• [PROMPT] Pick each line containing "Gateway" out of the records.

Excerpts from a dataset:

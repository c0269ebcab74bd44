-- ===== src/Gateway/Sample.antt =====
-- A concrete encoding in the place of JSON, for the tests: every text ends with a zero, behind its
-- bytes plus one.
use nux_auth.Prelude.{ℕ, zero, suc, ◌≡◌, refl, ap, ◌∙◌, List, [], ◌∷◌, Option, none, some}
use nux_auth.Gateway.{Text, RateLimit, Allow, CheckSum}
use nux_auth.Gateway.Configs.{Json}

abbrev pub onto : Text → Text → Text
onto [] rest = 0 ∷ rest
onto (x ∷ t) rest = suc x ∷ onto t rest

abbrev pub join : List Text → Text
join [] = []
join (t ∷ ts) = onto t (join ts)

abbrev pub grow : ℕ → List Text → List Text
grow x [] = (x ∷ []) ∷ []
grow x (t ∷ ts) = (x ∷ t) ∷ ts

abbrev pub split : Text → List Text
split [] = []
split (zero ∷ r) = [] ∷ split r
split (suc x ∷ r) = grow x (split r)

pub split-onto : (t rest : Text) → split (onto t rest) ≡ t ∷ split rest
split-onto [] rest = refl
split-onto (x ∷ t) rest = ap (grow x) (split-onto t rest)

pub split-join : (ts : List Text) → split (join ts) ≡ ts
split-join [] = refl
split-join (t ∷ ts) = split-onto t (join ts) ∙ ap (λ us. t ∷ us) (split-join ts)

abbrev pub limit_of : List Text → Option RateLimit
limit_of ((max ∷ []) ∷ (window ∷ []) ∷ exempt) =
    some (record { max = max; window_secs = window; exempt = exempt })
limit_of _ = none

abbrev pub limit_texts : RateLimit → List Text
limit_texts r = (r.max ∷ []) ∷ (r.window_secs ∷ []) ∷ r.exempt

abbrev pub allow_texts : List Allow → List Text
allow_texts [] = []
allow_texts (a ∷ as_) = a.peer ∷ join a.roles ∷ allow_texts as_

abbrev pub allows_of : List Text → List Allow
allows_of (peer ∷ roles ∷ ts) = record { peer = peer; roles = split roles } ∷ allows_of ts
allows_of _ = []

pub allows_of-allow_texts : (entries : List Allow) → allows_of (allow_texts entries) ≡ entries
allows_of-allow_texts [] = refl
allows_of-allow_texts (a ∷ entries) =
    rw (split-join a.roles) (ap (λ l. a ∷ l) (allows_of-allow_texts entries))

abbrev pub sum_texts : List CheckSum → List Text
sum_texts [] = []
sum_texts (c ∷ cs) = c.peer ∷ c.sha256 ∷ sum_texts cs

abbrev pub sums_of : List Text → List CheckSum
sums_of (peer ∷ sha256 ∷ ts) = record { peer = peer; sha256 = sha256 } ∷ sums_of ts
sums_of _ = []

pub sums_of-sum_texts : (entries : List CheckSum) → sums_of (sum_texts entries) ≡ entries
sums_of-sum_texts [] = refl
sums_of-sum_texts (c ∷ entries) = ap (λ l. c ∷ l) (sums_of-sum_texts entries)

abbrev pub sample_json : Json
sample_json = record {
  rate_limit = record {
    to_string = λ r. join (limit_texts r);
    from_str = λ t. limit_of (split t);
    reads_back = λ r. ap limit_of (split-join (limit_texts r));
  };
  allow = record {
    to_string = λ l. join (allow_texts l);
    from_str = λ t. some (allows_of (split t));
    reads_back = λ l.
        ap (λ ts. some (allows_of ts)) (split-join (allow_texts l))
        ∙ ap some (allows_of-allow_texts l);
  };
  check_sum = record {
    to_string = λ l. join (sum_texts l);
    from_str = λ t. some (sums_of (split t));
    reads_back = λ l.
        ap (λ ts. some (sums_of ts)) (split-join (sum_texts l)) ∙ ap some (sums_of-sum_texts l);
  };
}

• [EXPECTED ANSWER]
-- ===== src/Gateway/Sample.antt =====
use nux_auth.Gateway.{Text, RateLimit, Allow, CheckSum}
use nux_auth.Gateway.Configs.{Json}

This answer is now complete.